[Start of Attachment]

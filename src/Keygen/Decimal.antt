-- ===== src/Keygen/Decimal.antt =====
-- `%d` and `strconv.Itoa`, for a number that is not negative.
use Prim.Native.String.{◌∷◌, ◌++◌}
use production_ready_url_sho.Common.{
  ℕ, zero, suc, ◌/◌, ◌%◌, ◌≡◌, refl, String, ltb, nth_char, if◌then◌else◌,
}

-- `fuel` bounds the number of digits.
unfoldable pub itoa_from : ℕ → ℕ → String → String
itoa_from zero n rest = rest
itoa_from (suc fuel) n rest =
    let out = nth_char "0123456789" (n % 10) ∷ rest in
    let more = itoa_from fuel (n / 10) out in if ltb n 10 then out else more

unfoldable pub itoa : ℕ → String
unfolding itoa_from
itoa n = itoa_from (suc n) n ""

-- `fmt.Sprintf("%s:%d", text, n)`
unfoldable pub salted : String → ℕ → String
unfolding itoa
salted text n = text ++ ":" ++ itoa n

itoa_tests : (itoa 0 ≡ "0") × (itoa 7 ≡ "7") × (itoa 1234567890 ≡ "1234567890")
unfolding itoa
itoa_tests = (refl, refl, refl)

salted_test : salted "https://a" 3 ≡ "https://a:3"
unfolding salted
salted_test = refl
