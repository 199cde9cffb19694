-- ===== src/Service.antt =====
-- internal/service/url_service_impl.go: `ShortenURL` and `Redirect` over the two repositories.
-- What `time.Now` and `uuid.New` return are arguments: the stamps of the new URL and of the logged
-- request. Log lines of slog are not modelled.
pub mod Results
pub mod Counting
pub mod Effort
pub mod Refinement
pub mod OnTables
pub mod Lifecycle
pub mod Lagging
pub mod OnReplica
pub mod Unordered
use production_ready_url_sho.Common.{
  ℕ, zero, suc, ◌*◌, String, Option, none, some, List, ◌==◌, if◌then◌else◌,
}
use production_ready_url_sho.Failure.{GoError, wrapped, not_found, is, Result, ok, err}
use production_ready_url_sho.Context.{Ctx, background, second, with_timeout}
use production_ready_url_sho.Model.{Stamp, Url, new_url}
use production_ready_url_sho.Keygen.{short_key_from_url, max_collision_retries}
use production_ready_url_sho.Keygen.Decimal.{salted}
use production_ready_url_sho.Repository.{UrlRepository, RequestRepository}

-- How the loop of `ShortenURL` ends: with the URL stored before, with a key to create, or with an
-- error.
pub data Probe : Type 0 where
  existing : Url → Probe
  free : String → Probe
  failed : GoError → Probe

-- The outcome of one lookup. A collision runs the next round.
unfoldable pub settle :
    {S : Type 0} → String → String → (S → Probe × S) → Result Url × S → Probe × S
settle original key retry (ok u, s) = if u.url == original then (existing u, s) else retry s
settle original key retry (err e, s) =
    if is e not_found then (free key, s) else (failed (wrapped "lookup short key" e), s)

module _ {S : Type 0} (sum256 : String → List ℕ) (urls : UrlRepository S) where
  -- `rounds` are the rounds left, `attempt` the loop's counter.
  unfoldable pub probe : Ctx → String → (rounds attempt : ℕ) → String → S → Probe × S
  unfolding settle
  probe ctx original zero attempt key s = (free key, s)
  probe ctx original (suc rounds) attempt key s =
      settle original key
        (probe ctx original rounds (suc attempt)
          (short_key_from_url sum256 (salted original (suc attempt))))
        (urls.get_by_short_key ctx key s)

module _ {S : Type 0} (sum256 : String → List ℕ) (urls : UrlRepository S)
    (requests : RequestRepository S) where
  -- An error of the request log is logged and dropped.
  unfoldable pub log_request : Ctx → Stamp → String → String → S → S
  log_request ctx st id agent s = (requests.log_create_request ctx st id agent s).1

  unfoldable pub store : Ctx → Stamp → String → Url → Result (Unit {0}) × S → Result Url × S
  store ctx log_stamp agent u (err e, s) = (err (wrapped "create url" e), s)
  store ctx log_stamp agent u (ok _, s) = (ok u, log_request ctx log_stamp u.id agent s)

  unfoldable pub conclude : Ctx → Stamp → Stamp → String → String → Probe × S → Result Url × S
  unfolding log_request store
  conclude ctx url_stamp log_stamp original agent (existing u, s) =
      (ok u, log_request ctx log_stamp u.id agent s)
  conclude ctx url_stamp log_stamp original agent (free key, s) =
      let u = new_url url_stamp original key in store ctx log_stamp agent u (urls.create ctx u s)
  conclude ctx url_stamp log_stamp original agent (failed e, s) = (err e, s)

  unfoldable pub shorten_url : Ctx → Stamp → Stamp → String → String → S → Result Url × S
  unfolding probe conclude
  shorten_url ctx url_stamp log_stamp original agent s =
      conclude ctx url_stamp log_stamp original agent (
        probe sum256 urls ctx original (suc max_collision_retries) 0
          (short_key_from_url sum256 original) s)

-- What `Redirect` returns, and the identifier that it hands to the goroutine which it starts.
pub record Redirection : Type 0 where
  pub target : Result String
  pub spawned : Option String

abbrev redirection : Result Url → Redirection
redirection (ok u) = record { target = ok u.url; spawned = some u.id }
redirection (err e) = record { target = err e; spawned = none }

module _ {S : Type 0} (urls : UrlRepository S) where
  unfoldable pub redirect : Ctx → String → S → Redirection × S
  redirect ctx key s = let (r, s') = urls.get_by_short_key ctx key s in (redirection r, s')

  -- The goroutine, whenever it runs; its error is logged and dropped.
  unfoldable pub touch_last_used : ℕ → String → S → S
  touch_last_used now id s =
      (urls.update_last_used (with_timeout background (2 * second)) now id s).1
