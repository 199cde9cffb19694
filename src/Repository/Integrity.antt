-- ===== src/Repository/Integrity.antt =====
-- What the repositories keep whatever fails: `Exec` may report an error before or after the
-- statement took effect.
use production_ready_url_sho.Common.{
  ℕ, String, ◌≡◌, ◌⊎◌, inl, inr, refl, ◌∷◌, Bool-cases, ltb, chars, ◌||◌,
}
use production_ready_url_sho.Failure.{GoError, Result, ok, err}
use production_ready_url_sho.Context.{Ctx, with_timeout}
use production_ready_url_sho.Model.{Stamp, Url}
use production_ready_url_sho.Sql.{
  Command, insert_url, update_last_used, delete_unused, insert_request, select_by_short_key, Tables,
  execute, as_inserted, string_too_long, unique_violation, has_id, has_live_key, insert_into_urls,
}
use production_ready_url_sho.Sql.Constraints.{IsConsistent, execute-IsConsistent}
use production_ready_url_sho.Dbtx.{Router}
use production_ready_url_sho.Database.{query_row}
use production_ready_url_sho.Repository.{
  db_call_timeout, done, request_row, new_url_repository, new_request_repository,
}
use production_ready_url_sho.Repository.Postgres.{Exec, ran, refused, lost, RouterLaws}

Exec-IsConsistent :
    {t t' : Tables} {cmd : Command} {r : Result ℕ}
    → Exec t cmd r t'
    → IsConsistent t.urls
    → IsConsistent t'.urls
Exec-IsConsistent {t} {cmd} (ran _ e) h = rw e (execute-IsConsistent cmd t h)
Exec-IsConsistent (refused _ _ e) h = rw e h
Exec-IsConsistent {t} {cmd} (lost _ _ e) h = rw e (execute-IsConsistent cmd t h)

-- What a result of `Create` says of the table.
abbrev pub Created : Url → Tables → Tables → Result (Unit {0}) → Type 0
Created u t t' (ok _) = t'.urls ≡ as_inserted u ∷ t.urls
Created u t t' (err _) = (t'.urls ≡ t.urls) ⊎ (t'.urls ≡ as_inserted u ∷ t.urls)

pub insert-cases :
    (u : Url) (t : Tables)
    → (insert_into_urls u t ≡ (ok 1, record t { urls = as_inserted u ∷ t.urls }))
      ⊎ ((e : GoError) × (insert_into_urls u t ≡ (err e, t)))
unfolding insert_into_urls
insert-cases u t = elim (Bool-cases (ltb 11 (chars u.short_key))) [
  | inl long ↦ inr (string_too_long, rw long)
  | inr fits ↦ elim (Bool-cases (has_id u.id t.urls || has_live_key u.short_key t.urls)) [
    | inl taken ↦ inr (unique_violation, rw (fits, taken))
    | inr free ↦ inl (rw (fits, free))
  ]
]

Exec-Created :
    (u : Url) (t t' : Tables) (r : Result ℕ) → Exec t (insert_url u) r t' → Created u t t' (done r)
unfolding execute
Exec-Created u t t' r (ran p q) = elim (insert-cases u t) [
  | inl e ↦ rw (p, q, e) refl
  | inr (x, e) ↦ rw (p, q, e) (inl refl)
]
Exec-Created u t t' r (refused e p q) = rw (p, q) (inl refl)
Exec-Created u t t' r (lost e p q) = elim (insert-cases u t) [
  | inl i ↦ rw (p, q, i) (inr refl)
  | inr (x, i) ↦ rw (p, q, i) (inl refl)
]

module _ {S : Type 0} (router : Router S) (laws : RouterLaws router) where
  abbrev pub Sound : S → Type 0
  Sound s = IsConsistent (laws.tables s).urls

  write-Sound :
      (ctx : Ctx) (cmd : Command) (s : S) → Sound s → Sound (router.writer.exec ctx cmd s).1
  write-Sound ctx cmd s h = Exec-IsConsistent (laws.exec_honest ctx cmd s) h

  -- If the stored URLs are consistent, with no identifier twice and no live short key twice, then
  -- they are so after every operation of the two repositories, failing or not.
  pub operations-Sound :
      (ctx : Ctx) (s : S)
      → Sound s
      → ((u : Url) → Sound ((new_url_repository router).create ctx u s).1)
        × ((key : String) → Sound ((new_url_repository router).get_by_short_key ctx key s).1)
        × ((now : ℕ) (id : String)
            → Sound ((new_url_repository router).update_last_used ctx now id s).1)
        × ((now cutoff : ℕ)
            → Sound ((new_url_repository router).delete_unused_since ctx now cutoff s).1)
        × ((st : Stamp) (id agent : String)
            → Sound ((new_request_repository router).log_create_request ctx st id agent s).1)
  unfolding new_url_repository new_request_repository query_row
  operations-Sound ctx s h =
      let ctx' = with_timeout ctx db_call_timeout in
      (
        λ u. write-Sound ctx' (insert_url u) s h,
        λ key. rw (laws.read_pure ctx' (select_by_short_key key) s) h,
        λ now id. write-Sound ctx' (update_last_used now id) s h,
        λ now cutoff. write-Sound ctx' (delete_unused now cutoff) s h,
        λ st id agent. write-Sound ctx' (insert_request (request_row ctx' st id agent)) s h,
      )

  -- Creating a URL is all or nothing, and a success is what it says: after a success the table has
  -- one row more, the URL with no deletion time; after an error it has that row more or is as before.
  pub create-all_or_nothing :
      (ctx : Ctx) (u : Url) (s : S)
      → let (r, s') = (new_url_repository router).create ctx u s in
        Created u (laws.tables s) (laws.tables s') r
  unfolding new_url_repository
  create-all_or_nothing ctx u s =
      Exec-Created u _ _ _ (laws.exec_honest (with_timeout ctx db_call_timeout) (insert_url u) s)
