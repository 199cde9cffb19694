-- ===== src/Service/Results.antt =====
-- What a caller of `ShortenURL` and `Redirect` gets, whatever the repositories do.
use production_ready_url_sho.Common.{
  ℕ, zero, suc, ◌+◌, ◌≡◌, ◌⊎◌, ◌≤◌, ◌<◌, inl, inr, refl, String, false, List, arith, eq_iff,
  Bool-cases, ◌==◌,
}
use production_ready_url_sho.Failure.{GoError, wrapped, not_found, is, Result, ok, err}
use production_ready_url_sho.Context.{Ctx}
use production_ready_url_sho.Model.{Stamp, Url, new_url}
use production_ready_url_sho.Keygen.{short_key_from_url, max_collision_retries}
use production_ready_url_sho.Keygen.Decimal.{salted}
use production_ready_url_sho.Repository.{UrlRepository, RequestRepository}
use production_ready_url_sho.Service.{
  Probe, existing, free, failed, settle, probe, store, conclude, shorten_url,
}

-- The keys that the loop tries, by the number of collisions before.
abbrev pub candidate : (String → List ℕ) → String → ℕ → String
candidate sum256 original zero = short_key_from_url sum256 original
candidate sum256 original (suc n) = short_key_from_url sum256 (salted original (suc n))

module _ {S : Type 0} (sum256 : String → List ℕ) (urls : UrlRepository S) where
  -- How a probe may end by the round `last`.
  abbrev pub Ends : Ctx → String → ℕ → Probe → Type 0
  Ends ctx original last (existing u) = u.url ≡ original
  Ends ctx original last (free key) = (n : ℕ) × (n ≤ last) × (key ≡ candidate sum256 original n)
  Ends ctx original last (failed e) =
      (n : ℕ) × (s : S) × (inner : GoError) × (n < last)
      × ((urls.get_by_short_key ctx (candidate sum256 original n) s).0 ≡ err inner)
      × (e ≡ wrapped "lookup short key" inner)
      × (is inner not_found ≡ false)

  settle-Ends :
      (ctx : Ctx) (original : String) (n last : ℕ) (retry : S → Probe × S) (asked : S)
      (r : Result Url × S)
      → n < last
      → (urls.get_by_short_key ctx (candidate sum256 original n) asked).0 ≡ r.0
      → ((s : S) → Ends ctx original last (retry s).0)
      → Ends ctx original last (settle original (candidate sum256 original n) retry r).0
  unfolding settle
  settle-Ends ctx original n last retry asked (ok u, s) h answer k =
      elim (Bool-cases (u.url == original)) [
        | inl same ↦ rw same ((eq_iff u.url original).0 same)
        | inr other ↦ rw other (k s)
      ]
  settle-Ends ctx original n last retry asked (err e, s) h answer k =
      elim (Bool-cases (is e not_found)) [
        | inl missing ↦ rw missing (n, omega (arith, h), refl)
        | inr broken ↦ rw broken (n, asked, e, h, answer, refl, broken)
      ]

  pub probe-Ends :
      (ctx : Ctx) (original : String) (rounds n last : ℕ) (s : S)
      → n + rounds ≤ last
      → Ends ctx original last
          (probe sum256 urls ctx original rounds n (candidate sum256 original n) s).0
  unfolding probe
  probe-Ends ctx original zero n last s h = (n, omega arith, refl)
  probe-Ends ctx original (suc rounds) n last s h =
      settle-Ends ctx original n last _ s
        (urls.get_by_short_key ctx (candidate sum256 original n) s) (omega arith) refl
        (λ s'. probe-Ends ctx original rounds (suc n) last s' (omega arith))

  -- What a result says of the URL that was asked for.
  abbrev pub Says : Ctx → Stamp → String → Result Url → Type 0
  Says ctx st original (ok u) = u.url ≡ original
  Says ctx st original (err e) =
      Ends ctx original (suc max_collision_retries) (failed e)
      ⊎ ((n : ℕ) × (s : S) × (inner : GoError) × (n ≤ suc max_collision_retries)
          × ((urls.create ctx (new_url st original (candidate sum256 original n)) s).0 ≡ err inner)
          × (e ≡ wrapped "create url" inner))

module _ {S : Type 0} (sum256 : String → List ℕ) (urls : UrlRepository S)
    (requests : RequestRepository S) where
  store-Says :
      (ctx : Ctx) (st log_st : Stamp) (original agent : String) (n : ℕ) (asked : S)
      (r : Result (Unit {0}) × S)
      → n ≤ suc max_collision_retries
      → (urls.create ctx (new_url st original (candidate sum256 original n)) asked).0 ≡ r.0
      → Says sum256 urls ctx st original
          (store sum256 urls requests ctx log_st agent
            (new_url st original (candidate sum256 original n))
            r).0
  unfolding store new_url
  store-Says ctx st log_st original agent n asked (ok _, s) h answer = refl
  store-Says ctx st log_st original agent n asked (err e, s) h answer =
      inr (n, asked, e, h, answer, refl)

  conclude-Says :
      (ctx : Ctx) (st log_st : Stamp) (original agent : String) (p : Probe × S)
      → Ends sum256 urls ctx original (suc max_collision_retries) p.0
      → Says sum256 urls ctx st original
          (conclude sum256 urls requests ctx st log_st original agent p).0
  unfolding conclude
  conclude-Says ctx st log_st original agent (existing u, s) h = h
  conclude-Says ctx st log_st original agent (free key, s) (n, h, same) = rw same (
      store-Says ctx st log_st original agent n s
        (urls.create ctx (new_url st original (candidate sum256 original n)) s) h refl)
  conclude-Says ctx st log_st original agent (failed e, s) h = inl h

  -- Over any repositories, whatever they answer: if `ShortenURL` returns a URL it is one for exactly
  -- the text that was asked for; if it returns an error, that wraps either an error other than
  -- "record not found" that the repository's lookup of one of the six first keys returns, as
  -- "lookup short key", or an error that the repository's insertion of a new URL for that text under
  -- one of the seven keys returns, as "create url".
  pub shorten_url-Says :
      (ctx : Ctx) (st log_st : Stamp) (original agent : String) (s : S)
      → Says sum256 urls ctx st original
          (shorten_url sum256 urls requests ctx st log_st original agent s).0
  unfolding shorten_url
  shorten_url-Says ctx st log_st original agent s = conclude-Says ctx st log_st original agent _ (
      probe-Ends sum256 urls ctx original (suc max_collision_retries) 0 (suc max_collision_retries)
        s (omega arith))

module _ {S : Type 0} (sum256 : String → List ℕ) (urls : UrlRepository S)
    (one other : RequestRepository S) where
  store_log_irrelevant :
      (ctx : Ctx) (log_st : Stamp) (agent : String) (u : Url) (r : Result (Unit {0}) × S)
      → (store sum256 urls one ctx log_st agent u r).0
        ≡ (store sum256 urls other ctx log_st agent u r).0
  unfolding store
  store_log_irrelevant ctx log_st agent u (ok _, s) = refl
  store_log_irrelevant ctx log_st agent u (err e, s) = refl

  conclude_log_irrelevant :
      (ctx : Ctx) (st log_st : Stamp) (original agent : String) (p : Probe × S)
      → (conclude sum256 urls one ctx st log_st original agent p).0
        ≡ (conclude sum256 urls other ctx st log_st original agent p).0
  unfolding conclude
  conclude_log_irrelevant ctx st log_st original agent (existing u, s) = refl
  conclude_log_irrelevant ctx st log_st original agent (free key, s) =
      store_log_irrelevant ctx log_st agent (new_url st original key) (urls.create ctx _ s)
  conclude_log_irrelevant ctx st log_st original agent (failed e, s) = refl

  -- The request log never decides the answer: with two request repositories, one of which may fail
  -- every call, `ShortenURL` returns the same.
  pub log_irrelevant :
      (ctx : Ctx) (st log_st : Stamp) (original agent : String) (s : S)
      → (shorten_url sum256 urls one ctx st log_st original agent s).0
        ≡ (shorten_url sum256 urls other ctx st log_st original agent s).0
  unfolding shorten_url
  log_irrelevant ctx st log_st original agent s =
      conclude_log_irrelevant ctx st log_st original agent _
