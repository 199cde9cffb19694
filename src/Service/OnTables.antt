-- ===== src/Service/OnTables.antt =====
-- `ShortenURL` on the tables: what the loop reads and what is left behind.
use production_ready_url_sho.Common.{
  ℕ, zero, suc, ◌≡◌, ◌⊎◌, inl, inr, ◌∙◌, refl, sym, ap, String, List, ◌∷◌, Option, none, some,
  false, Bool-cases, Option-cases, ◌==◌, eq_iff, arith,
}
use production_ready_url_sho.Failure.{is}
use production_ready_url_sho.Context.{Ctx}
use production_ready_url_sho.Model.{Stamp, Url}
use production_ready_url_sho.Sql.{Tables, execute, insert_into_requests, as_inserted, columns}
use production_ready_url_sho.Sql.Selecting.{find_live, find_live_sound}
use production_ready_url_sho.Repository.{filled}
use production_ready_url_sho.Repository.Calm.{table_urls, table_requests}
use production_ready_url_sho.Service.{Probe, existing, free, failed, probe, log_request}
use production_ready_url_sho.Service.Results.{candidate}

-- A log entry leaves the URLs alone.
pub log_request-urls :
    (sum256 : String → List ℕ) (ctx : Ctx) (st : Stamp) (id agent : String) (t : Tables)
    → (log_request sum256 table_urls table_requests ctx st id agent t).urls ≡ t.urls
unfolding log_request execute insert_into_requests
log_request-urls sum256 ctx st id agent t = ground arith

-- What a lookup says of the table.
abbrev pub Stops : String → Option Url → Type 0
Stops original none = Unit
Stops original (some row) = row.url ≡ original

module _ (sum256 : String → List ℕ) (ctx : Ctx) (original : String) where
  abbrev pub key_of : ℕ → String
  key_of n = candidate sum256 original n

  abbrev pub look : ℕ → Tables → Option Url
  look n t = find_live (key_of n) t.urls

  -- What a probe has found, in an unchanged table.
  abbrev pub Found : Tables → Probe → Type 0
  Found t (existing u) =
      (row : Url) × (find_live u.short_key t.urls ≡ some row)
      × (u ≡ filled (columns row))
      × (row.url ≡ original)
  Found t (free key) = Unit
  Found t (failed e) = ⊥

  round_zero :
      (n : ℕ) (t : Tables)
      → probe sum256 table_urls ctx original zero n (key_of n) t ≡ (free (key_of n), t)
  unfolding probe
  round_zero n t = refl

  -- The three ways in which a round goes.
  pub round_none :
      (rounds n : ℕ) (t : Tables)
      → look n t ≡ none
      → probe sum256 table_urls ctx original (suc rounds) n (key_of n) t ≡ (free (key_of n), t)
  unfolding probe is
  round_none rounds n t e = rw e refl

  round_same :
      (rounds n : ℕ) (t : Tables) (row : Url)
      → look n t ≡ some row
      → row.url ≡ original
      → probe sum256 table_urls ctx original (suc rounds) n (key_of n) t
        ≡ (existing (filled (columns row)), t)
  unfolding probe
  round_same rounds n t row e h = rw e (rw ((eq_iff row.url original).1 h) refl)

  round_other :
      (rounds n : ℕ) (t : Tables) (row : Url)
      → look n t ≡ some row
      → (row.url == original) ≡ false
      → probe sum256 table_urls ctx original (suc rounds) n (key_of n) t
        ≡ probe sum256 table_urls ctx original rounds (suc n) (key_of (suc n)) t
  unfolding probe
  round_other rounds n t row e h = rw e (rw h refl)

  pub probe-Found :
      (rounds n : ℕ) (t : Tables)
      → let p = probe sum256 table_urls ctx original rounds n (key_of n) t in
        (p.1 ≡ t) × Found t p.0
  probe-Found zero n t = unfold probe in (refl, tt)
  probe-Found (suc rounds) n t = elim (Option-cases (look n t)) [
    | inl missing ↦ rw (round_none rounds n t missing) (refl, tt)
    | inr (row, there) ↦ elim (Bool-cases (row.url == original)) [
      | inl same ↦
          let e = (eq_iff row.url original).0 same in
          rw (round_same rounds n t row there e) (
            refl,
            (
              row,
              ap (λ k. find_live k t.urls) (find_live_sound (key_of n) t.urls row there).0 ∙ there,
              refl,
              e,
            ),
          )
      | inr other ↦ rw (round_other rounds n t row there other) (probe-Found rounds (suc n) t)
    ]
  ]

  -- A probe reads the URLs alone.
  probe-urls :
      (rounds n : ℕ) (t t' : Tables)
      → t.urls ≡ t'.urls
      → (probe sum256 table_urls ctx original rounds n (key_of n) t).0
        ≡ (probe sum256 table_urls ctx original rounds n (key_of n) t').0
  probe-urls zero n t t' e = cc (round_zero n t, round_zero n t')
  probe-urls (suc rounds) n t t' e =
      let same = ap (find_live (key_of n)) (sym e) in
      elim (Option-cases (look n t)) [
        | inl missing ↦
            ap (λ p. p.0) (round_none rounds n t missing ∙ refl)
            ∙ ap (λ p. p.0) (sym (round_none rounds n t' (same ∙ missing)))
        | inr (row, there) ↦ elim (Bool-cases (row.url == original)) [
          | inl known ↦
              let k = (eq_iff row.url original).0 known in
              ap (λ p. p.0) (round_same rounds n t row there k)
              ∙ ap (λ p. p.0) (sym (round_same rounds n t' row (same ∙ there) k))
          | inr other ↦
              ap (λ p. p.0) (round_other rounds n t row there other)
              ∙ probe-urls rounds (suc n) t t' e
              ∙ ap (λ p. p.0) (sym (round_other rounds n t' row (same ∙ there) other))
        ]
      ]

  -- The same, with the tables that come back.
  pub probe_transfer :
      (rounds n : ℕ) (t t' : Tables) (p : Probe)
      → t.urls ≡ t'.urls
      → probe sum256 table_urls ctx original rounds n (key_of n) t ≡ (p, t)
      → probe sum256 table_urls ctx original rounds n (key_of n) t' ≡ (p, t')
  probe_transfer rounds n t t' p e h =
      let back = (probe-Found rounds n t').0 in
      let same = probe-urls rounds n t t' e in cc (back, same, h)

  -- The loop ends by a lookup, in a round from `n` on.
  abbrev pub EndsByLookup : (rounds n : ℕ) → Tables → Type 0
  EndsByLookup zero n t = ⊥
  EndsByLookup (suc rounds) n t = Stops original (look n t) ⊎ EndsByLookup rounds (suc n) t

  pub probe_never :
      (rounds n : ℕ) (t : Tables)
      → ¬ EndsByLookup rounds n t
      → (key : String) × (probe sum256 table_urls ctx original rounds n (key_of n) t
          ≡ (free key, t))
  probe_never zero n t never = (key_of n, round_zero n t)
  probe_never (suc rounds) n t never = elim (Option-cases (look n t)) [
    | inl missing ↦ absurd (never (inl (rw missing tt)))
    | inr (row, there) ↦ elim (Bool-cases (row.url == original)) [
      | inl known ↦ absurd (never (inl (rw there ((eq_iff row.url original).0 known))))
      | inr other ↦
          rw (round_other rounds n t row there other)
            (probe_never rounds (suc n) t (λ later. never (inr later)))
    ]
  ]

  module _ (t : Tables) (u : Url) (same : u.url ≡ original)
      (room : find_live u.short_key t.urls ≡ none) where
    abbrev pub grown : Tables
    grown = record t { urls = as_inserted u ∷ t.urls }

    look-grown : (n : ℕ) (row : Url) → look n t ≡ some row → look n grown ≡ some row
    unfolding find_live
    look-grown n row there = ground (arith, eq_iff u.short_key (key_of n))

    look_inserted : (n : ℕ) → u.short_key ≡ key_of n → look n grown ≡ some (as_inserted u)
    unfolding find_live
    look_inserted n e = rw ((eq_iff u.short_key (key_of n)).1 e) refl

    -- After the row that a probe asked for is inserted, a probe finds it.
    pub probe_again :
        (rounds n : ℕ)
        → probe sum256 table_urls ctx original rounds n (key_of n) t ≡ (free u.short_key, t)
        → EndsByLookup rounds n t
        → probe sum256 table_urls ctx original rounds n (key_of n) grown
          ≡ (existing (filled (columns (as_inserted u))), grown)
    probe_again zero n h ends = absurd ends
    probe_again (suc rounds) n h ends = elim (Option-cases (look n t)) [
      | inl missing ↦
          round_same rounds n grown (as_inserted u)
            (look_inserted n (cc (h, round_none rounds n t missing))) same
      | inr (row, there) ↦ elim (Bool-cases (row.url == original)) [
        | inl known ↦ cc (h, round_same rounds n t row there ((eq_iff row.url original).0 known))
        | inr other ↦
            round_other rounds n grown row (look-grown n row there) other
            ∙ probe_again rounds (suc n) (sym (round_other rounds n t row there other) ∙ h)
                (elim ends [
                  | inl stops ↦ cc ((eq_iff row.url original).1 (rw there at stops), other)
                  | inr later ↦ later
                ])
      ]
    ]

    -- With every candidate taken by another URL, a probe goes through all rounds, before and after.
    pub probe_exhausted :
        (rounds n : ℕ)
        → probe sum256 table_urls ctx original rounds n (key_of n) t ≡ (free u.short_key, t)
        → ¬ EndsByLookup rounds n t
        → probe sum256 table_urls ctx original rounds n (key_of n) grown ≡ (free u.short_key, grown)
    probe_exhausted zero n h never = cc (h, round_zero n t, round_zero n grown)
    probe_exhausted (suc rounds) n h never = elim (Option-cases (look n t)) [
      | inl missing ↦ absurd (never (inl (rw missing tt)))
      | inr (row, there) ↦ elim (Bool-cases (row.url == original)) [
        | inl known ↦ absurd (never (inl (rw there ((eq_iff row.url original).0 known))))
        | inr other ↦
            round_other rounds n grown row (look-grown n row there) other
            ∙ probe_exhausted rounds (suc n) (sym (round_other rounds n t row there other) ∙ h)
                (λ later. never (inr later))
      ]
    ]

[End of Attachment]

# ASSIGNMENT
Check each line above for the string "ShortenURL", then copy the ones that have it.

# ANSWER TO THIS PROBLEM
-- internal/service/url_service_impl.go: `ShortenURL` and `Redirect` over the two repositories.
-- How the loop of `ShortenURL` ends: with the URL stored before, with a key to create, or with an
-- What a caller of `ShortenURL` and `Redirect` gets, whatever the repositories do.
  -- Over any repositories, whatever they answer: if `ShortenURL` returns a URL it is one for exactly
  -- every call, `ShortenURL` returns the same.
-- `ShortenURL` on the tables: what the loop reads and what is left behind.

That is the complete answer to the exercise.